-- Opening Marker --

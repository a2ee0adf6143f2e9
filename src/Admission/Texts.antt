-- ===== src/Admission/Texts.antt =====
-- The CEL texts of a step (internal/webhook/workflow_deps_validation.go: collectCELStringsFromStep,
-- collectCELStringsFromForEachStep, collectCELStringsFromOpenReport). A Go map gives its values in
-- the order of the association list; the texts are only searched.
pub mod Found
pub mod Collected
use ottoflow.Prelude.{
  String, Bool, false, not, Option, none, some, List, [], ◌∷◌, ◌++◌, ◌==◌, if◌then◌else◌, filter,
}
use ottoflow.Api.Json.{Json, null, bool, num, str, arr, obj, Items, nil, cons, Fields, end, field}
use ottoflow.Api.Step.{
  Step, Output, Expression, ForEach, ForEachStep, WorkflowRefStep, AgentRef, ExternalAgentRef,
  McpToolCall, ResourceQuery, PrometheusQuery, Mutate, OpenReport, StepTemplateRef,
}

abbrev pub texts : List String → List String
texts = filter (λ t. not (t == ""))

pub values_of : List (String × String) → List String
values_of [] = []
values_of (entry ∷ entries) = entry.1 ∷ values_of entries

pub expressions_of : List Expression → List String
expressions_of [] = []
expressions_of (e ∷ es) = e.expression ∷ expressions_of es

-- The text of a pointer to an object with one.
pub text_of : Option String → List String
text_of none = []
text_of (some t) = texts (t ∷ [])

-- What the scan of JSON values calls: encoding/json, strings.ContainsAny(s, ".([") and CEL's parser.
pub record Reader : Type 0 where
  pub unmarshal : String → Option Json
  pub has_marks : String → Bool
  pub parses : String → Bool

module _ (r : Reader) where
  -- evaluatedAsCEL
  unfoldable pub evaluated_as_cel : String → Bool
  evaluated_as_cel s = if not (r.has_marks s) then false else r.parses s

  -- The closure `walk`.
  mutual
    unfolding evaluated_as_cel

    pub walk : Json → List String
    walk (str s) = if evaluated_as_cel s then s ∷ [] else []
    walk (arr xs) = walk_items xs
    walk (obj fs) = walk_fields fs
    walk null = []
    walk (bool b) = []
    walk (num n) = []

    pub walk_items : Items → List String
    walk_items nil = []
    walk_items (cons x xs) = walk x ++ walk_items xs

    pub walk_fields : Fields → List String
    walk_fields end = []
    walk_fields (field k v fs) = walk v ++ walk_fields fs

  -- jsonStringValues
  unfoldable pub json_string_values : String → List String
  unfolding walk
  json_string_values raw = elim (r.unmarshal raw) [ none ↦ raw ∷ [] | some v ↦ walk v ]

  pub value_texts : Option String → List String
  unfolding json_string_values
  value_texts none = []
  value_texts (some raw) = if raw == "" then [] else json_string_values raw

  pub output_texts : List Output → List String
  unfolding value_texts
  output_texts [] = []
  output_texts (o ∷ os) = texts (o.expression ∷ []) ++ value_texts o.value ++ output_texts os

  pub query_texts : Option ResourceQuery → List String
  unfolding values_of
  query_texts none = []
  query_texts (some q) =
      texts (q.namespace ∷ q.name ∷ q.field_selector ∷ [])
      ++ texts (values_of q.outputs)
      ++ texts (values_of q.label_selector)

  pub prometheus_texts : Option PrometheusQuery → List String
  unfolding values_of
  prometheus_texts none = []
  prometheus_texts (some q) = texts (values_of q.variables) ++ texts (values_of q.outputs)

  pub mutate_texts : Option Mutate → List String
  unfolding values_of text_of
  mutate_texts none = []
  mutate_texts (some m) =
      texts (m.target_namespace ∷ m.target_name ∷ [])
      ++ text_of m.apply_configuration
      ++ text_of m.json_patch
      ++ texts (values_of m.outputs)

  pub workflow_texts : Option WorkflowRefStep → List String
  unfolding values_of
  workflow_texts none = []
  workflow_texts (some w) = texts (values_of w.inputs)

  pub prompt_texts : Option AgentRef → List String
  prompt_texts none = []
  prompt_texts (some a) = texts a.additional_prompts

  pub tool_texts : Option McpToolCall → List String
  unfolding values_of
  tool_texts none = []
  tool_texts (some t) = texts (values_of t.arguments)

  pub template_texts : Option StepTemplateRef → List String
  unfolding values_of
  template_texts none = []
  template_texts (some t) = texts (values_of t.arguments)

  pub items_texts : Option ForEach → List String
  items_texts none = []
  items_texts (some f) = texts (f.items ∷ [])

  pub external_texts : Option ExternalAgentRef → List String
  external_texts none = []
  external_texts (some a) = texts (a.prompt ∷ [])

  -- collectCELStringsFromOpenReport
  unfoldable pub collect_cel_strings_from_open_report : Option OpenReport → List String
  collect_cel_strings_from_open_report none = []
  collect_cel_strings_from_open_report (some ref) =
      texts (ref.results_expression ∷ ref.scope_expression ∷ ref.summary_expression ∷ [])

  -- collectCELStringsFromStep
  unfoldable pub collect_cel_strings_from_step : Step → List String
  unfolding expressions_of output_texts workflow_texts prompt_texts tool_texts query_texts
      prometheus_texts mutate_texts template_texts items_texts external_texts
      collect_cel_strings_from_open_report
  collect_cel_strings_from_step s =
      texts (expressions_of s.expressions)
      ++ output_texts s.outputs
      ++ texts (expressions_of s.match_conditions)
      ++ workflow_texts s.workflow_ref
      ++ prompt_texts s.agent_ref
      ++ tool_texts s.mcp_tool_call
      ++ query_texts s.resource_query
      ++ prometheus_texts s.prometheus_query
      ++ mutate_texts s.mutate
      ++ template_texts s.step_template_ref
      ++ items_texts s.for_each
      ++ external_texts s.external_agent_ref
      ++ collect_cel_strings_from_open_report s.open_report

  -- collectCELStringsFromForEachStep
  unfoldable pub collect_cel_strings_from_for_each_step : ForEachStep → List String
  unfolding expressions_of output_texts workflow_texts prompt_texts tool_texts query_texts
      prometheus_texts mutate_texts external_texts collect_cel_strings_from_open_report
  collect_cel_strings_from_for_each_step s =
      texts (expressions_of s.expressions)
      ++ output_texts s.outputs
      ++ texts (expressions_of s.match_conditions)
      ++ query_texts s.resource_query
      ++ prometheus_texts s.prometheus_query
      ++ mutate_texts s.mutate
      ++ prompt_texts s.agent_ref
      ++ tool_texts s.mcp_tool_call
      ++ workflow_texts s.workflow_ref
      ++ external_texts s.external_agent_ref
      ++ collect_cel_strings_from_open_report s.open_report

-- Closing Marker --
-- Opening Marker --

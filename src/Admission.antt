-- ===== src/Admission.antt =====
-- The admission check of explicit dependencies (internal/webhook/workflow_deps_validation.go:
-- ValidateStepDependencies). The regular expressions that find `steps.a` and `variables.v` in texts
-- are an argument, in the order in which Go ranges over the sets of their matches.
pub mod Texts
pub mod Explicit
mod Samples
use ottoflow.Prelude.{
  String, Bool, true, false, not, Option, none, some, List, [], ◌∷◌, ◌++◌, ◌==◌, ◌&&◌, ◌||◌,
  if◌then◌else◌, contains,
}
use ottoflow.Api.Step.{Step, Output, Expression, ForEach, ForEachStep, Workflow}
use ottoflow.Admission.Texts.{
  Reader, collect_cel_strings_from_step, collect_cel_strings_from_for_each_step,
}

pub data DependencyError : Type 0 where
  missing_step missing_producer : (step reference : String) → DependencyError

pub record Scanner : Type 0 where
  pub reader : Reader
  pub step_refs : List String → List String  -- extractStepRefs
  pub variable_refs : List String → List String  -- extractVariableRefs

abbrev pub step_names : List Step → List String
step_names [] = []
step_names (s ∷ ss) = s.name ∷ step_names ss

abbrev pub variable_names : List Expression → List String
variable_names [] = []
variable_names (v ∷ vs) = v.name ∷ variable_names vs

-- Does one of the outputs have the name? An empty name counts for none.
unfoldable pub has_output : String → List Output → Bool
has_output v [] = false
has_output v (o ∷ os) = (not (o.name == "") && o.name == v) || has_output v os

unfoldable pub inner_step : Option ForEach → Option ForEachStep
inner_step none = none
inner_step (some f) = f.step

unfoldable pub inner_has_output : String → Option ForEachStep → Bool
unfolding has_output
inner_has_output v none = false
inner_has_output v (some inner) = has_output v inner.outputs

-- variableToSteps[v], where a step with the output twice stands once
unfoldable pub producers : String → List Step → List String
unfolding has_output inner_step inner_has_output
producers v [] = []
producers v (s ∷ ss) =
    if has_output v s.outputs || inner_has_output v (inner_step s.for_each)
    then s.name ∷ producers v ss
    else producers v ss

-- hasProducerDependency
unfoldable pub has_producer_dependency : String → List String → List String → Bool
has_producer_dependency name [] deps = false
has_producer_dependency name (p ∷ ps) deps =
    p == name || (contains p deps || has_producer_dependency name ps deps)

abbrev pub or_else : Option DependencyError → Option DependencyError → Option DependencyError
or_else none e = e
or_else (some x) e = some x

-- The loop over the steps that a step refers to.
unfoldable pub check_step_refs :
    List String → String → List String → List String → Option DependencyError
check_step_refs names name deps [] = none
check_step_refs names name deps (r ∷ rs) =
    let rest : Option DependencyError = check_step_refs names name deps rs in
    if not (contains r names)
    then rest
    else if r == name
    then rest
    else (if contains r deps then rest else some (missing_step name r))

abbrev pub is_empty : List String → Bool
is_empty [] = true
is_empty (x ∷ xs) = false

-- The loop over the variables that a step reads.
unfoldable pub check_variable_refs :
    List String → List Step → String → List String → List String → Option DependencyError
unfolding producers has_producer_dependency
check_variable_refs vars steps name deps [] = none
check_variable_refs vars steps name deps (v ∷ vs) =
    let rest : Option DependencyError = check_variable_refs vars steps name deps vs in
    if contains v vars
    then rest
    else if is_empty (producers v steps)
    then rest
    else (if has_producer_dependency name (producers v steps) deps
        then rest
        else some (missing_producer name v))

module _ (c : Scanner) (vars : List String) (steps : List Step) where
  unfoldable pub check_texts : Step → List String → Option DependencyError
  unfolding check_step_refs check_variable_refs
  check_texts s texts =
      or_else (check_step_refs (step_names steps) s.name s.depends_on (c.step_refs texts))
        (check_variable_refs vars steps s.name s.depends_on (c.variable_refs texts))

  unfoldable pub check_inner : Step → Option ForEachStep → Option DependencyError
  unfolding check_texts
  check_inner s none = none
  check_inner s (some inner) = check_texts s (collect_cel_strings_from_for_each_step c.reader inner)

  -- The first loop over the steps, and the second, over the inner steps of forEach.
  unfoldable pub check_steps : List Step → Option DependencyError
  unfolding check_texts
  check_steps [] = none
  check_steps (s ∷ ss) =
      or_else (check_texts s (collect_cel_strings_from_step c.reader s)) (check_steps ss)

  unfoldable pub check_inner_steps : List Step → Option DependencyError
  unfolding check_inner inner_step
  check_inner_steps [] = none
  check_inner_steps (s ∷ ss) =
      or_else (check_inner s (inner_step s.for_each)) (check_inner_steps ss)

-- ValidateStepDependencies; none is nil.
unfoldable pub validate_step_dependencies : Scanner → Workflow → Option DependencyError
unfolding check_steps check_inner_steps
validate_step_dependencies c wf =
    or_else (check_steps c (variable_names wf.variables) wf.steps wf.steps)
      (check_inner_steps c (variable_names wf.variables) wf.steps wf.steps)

-- Closing Marker --

Please transcribe only the lines in the records above running from the line that has "expressions_of [] = []" through the line that has "text_of (some t) = texts (t ∷ [])", both included, exactly as they appear.

expressions_of [] = []
expressions_of (e ∷ es) = e.expression ∷ expressions_of es

-- The text of a pointer to an object with one.
pub text_of : Option String → List String
text_of none = []
text_of (some t) = texts (t ∷ [])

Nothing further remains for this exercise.